##### SUPPLIED RECORDS #####

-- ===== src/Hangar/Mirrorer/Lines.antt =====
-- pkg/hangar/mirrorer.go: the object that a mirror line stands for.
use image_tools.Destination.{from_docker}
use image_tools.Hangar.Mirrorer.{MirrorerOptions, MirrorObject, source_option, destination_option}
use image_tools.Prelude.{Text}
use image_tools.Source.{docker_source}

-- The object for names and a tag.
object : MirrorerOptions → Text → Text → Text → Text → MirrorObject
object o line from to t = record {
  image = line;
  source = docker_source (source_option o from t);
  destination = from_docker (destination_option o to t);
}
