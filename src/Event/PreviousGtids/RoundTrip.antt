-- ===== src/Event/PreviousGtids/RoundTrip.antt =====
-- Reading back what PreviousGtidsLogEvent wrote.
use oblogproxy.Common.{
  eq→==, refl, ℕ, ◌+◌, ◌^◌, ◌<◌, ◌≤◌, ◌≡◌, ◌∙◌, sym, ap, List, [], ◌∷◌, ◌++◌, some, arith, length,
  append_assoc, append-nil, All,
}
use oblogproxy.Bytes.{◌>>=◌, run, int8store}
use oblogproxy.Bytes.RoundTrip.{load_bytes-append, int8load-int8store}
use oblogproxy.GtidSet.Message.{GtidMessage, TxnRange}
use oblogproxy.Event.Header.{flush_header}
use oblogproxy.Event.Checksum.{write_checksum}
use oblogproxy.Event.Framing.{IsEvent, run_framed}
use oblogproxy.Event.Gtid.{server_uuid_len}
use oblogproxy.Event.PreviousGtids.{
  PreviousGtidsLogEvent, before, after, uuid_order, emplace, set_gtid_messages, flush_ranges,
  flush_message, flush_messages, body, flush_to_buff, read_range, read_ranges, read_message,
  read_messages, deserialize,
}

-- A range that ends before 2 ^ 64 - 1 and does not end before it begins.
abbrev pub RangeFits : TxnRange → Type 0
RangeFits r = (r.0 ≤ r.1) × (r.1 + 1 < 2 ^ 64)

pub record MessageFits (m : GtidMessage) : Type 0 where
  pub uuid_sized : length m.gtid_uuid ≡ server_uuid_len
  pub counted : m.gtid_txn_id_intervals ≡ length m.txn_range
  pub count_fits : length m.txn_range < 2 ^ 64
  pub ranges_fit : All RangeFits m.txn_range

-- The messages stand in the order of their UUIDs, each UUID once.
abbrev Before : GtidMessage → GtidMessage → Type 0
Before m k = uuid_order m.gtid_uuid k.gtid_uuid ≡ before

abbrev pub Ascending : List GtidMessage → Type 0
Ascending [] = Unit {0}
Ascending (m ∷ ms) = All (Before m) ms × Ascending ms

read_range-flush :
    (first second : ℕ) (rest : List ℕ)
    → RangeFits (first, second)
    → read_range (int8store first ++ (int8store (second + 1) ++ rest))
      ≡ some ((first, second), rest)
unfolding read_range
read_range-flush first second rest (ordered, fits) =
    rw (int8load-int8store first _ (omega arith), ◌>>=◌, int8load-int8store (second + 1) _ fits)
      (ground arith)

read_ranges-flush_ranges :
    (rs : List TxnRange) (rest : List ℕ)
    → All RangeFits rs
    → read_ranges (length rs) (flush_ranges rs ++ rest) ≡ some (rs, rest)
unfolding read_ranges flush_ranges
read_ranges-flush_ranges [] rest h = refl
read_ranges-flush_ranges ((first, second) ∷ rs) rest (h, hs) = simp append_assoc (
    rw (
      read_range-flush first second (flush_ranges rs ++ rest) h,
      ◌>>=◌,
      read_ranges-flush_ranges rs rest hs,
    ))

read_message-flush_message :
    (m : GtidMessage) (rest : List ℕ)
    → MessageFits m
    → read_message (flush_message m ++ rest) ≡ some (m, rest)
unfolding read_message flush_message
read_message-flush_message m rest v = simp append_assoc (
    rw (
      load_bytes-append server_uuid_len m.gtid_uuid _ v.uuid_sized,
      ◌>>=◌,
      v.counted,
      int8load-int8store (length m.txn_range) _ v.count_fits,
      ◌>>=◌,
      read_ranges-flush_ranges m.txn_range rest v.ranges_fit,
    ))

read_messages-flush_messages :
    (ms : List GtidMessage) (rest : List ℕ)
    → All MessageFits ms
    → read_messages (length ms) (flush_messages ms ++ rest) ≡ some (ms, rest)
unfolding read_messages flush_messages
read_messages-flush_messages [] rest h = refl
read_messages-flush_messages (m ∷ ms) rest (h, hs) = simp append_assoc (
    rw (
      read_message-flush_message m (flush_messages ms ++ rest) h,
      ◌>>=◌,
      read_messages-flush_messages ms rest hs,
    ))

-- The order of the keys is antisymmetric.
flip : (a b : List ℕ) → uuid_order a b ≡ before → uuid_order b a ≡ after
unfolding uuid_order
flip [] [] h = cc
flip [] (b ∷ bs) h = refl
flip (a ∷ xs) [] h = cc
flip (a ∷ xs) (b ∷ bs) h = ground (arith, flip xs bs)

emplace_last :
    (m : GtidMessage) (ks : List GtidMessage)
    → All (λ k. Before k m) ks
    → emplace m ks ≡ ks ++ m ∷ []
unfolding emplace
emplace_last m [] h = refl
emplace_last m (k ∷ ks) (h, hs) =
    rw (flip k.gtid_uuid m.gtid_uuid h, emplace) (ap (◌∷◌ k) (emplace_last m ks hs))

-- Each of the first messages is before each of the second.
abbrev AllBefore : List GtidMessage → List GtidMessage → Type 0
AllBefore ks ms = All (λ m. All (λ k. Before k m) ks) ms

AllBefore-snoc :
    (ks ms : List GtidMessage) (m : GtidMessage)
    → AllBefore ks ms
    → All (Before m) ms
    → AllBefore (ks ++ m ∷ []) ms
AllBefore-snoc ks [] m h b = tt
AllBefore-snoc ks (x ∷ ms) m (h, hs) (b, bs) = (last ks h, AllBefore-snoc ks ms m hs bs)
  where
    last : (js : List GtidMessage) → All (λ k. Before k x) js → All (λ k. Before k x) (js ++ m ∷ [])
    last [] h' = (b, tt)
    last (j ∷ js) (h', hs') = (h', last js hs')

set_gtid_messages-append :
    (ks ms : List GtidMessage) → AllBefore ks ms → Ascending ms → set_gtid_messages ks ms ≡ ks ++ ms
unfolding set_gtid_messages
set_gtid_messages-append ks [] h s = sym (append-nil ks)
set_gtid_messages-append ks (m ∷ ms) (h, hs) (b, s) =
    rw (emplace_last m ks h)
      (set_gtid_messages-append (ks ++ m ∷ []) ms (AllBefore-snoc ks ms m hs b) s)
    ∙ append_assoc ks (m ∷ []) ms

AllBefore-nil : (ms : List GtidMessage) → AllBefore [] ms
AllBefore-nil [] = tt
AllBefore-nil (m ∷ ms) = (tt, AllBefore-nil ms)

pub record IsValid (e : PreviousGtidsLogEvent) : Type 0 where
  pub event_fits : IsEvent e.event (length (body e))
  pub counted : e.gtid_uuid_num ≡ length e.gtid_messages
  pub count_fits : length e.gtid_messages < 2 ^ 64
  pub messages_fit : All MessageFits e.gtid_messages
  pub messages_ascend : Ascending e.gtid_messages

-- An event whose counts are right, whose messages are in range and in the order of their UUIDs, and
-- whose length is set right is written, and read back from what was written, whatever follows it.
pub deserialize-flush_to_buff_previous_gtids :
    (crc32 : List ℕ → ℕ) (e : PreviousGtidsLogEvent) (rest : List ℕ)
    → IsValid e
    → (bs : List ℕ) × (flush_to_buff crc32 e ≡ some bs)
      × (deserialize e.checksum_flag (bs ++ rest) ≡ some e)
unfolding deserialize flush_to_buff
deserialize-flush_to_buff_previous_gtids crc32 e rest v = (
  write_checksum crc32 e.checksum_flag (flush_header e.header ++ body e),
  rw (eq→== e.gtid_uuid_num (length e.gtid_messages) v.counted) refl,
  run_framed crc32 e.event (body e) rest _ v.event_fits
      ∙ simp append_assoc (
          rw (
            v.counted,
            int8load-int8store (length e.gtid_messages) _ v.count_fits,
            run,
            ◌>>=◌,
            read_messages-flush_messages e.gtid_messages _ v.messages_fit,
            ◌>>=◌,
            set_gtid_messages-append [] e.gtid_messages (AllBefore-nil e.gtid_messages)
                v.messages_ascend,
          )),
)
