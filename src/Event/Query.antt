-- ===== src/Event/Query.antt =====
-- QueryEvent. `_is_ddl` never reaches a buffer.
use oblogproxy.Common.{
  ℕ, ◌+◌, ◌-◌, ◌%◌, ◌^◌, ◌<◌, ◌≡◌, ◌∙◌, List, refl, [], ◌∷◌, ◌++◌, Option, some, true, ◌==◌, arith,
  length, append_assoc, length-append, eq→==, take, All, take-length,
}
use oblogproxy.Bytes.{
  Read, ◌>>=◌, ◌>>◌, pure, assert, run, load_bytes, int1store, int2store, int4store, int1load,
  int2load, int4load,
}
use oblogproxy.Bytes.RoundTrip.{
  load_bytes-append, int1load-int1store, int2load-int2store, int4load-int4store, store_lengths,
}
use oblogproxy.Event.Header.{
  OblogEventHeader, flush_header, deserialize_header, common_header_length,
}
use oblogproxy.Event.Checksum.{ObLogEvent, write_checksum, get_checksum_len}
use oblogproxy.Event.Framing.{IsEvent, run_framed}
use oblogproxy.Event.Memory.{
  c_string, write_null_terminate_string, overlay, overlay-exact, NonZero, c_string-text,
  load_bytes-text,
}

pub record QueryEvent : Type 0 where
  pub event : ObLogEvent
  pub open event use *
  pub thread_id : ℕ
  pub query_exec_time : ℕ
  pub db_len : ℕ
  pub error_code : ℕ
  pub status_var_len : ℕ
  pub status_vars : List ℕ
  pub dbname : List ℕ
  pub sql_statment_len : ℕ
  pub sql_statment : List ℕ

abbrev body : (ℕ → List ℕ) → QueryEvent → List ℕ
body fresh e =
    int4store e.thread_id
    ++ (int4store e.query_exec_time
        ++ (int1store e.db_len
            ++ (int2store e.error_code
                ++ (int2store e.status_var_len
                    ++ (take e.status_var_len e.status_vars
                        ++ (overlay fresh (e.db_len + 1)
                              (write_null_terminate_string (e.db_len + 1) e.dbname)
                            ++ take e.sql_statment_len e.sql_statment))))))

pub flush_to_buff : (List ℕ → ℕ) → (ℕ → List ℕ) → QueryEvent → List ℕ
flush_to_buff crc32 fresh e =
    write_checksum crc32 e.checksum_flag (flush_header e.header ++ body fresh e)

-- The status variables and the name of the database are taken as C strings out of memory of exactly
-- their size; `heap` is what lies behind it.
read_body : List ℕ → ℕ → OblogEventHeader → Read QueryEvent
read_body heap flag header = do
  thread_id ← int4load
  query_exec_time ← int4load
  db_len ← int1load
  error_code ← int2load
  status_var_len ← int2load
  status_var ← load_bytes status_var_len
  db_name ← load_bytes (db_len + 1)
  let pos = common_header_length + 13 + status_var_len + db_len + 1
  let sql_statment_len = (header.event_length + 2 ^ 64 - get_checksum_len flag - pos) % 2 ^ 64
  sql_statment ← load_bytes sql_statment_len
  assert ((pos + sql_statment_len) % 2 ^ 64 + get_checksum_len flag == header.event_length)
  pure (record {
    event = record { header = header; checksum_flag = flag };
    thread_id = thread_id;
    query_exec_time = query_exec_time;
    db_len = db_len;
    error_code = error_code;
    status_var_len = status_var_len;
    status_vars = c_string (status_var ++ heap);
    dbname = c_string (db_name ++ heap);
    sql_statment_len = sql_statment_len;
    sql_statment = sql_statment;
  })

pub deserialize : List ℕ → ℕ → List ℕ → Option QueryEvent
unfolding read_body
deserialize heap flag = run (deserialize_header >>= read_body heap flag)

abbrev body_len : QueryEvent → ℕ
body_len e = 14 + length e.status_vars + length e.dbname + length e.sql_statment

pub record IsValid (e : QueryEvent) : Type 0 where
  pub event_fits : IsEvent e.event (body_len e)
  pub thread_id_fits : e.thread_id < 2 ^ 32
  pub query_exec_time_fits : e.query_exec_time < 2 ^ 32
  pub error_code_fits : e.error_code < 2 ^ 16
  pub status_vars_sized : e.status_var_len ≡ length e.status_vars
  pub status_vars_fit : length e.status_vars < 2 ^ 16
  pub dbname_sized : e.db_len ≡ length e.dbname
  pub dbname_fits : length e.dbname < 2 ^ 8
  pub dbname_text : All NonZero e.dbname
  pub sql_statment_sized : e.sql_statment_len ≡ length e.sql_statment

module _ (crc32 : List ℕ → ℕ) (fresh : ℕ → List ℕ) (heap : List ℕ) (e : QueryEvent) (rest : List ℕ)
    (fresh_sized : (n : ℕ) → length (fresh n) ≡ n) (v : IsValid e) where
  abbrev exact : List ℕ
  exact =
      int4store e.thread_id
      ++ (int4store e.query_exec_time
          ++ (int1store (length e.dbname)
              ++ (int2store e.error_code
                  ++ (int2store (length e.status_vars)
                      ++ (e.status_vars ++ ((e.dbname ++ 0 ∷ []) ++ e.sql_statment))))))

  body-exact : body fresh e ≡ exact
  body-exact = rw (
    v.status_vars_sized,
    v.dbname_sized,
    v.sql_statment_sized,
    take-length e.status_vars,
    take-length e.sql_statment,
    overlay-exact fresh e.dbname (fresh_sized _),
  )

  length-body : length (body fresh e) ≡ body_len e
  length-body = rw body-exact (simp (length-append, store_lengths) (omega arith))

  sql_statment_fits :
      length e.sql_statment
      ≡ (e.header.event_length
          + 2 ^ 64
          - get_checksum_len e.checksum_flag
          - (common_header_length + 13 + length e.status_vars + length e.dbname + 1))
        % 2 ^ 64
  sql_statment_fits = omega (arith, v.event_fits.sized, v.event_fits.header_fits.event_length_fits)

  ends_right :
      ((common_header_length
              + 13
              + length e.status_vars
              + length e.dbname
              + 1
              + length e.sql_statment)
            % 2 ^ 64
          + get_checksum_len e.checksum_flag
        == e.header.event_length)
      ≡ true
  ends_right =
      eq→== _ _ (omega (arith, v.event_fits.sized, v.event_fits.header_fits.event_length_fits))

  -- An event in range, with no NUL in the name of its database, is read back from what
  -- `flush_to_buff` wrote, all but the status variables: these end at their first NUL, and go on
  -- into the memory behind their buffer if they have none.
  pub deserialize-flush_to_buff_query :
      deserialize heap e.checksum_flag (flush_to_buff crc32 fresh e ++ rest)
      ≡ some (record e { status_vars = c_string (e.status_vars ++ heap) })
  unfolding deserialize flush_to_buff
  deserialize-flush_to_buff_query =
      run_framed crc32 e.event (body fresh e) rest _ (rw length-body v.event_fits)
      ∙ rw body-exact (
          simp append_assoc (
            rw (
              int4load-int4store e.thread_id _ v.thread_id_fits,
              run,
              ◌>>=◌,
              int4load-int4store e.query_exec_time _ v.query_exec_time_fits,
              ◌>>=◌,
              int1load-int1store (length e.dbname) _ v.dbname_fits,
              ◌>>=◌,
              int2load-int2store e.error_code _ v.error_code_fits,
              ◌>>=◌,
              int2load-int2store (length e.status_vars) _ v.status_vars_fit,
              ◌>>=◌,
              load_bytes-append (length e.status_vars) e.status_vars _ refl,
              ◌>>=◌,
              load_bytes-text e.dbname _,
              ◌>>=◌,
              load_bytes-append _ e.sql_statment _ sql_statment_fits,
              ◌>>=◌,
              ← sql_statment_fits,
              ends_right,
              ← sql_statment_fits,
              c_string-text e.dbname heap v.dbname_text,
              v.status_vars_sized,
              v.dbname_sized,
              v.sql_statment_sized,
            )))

#####

**PROBLEM TO SOLVE:** Copy all lines from the data above that contain the word "NonZero".

**RESULT BELOW:**
  c_string, write_null_terminate_string, overlay, overlay-exact, NonZero, c_string-text,
  pub dbname_text : All NonZero e.dbname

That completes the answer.